Citing “Expendable Indian” Comment, Court Finds Plaintiff Plausibly Alleged Race/National Origin Discrimination Claim Under the NYC Human Rights Law

In Shukla v. Deloitte Consulting LLP, 2020 WL 3181785 (S.D.N.Y. June 15, 2020), the court held, inter alia, that plaintiff sufficiently alleged race/national origin discrimination under the New York City Human Rights Law.

The court also dismissed several of plaintiff’s other claims, including his gender, race and national origin discrimination claims under Title VII, Section 1981 and the New York State Human Rights Law, as well as his hostile work environment claims under Title VII, Section 1981 and the NYSHRL based on gender, disability, race, and national origin.

The court summarized the standards for making out a claim under the New York City Human Rights Law, which is broader than its federal and state counterparts:

The NYCHRL forbids “an employer or an employee or agent thereof, because of the actual or perceived … race, … national origin, gender, [or] disability … [t]o discriminate against such person in compensation or in terms, conditions or privileges of employment.” N.Y.C. Admin. Code, § 8-107(1)(a)(3). Claims under the NYCHRL must be analyzed “separately and independently from any federal and state law claims” and construed “broadly in favor of discrimination plaintiffs, to the extent that such a construction is reasonably possible.” Mihalik v. Credit Agricole Cheuvreux N. Am. Inc., 715 F.3d 102, 109 (2d Cir. 2013) (internal citations and quotations omitted). To state a claim for discrimination under the NYCHRL, a plaintiff need only show that he was treated “less well” at least in part because of his protected status. Mihalik, 715 F.3d at 110. Thus, “[u]nder the NYCHRL, [ ] unlike under Title VII and the NYSHRL, there is no distinction between a claim premised on the creation of a hostile work environment (a species of harassment claim) and one premised on unlawful discrimination[.]” Rothbein v. City of New York, No. 18-CV-05106 (VEC), 2019 WL 977878, at *9 (S.D.N.Y. Feb. 28, 2019) (citing cases). “Instead, a focus on unequal treatment based on gender [or another protected class]—regardless of whether the conduct is ‘tangible’ (like hiring or firing) or not—is in fact the approach that is most faithful to the uniquely broad and remedial purposes of the [NYCHRL].” Mihalik, 715 F.3d at 114 (quoting Williams v. New York City Hous. Auth., 61 A.D.3d 62, 79 (1st Dep’t 2009)).

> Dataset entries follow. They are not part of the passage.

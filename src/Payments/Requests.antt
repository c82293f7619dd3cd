-- ===== src/Payments/Requests.antt =====
-- payments/payment-requests.service.ts: what a payment request must ask for, how a payment is
-- shown, and when a request has lapsed. The methods that write are in the children.
pub mod Amounts
pub mod Reservation
pub mod Writes
pub mod Create
pub mod Safety
pub mod Exceptions
pub mod Unlocking
pub mod Recovery
use signmons_calldesk_backen.Base.{
  ℕ, ◌+◌, ◌*◌, ◌-◌, Bool, true, false, not, ◌&&◌, ◌||◌, Option, none, some, if◌then◌else◌, leb, ltb,
  ◌==◌, Instant, Result, ok, err, HttpError, conflict, unprocessable, check, and_then, ok_or,
  when_some, String, List, [], ◌∷◌, length, all,
}
use signmons_calldesk_backen.Base.Text.{Text, Key, codes, text_eq, trim, to_lower, one_of}
use signmons_calldesk_backen.Base.Json.{
  Json, num, str, Number, whole, negative, fraction, Fields, record_of, prop, is_true,
}
use signmons_calldesk_backen.Data.Enums.{PaymentStatus, payment_status_eq}
use signmons_calldesk_backen.Data.Rows.{Payment}

pub data RequirementKind : Type 0 where
  deposit service_fee deposit_and_service_fee : RequirementKind

pub record PaymentRequirement : Type 0 where
  pub kind : RequirementKind
  pub label : String
  pub amount_total_cents : ℕ
  pub currency : Text

abbrev pub request_reservation_timeout_ms : ℕ
request_reservation_timeout_ms = 5 * 60 * 1000

abbrev pub max_amount_cents : ℕ
max_amount_cents = 100_000_000

abbrev deposit_message : String
deposit_message = "Job pricing does not define a valid depositAmountCents."

abbrev fee_message : String
fee_message = "Job pricing does not define a valid serviceFeeAmountCents."

-- `money`: a whole number from 1 to 100,000,000; the message names the field.
money : Option Json → String → Result ℕ
money (some (num (whole n))) message =
    if leb n 0 || ltb max_amount_cents n then err (unprocessable message) else ok n
money _ message = err (unprocessable message)

is_letter : ℕ → Bool
is_letter c = leb b'A' c && leb c b'Z' || leb b'a' c && leb c b'z'

-- `/^[A-Za-z]{3}$/`
is_currency_code : Text → Bool
unfolding is_letter
is_currency_code t = length t == 3 && all is_letter t

requirement_currency : Option Json → Option Text
unfolding is_currency_code to_lower
requirement_currency (some (str t)) = if is_currency_code t then some (to_lower t) else none
requirement_currency _ = none

-- The amount of a part that the policy requires, and 0 for one that it does not.
required_part : Bool → Option Json → String → Result ℕ
unfolding money
required_part required value message = if required then money value message else ok 0

requirement_of : Bool → Bool → ℕ → ℕ → Text → PaymentRequirement
requirement_of true true deposit_amount fee_amount currency = record {
  kind = deposit_and_service_fee;
  label = "Required service deposit and fee";
  amount_total_cents = deposit_amount + fee_amount;
  currency = currency;
}
requirement_of true false deposit_amount fee_amount currency = record {
  kind = deposit;
  label = "Required service deposit";
  amount_total_cents = deposit_amount;
  currency = currency;
}
requirement_of false _ deposit_amount fee_amount currency = record {
  kind = service_fee;
  label = "Required service fee";
  amount_total_cents = fee_amount;
  currency = currency;
}

unfoldable pub requirement : Option Json → Option Json → Result PaymentRequirement
unfolding required_part requirement_currency requirement_of
requirement policy_value pricing_value =
    let policy = record_of policy_value in
    let pricing = record_of pricing_value in
    let deposit_required = is_true (prop policy "depositRequired") in
    let fee_required = is_true (prop policy "serviceFeeRequired") in
    and_then
      (check (not deposit_required && not fee_required)
        (conflict "This job does not require payment before dispatch."))
      λ _.
        and_then
          (required_part deposit_required (prop pricing "depositAmountCents") deposit_message)
          λ deposit_amount.
            and_then (required_part fee_required (prop pricing "serviceFeeAmountCents") fee_message)
              λ fee_amount.
                and_then
                  (ok_or (requirement_currency (prop pricing "currency"))
                    (unprocessable "Job pricing does not define a valid payment currency."))
                  λ currency. ok (
                    requirement_of deposit_required fee_required deposit_amount fee_amount currency)

-- `advancedPaymentPlan`; no subscription means no plan.
unfoldable pub advanced_payment_plan : Option Text → Bool
unfolding trim to_lower one_of
advanced_payment_plan none = false
advanced_payment_plan (some plan_id) =
    one_of (to_lower (trim plan_id)) (codes "growth" ∷ codes "pro" ∷ codes "enterprise" ∷ [])

pub record PaymentTracking : Type 0 where
  pub payment_request_id : Option Key
  pub status : Option PaymentStatus  -- `none` is "NOT_REQUESTED"
  pub amount_total_cents : Option ℕ
  pub currency : Option Text
  pub requested_at : Option Instant
  pub checkout_expires_at : Option Instant
  pub request_active : Bool

unfoldable pub tracking : Instant → Option Payment → PaymentTracking
tracking now none = record {
  payment_request_id = none;
  status = none;
  amount_total_cents = none;
  currency = none;
  requested_at = none;
  checkout_expires_at = none;
  request_active = false;
}
tracking now (some p) = record {
  payment_request_id = some p.id;
  status = some p.status;
  amount_total_cents = some p.amount_total_cents;
  currency = some p.currency;
  requested_at = p.requested_at;
  checkout_expires_at = p.checkout_expires_at;
  request_active =
      payment_status_eq p.status PaymentStatus.pending
      && when_some p.checkout_expires_at (λ t. ltb now t);
}

-- `requestedAt <= Date.now() - REQUEST_RESERVATION_TIMEOUT_MS`, with the timeout on the other side.
lapsed : Instant → Option Instant → Option Instant → Bool
lapsed now (some expires) requested = leb expires now
lapsed now none none = false
lapsed now none (some requested) = leb (requested + request_reservation_timeout_ms) now

unfoldable pub expired_or_abandoned : Instant → Payment → Bool
unfolding lapsed
expired_or_abandoned now p =
    payment_status_eq p.status PaymentStatus.pending
    && lapsed now p.checkout_expires_at p.requested_at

While the court held that plaintiff could not make out a gender-based discrimination claim under the NYCHRL, he met that statute’s standards with respect to his claim of discrimination based on race/national origin.

Specifically, plaintiff alleged that he was called an “expendable Indian” by Deloitte senior manager at a time when plaintiff was being removed from a project. This allegation, held the court, was sufficient to support a plausible claim that plaintiff was “treated less well” due to his race and/or national origin. In support, the court cited the Second Circuit’s decision in Mihalik v. Credit Agricole Cheuvreux N. Am. Inc., 715 F.3d 102 (2d Cir. 2013) for the proposition that “even a single comment may be actionable in the proper context.”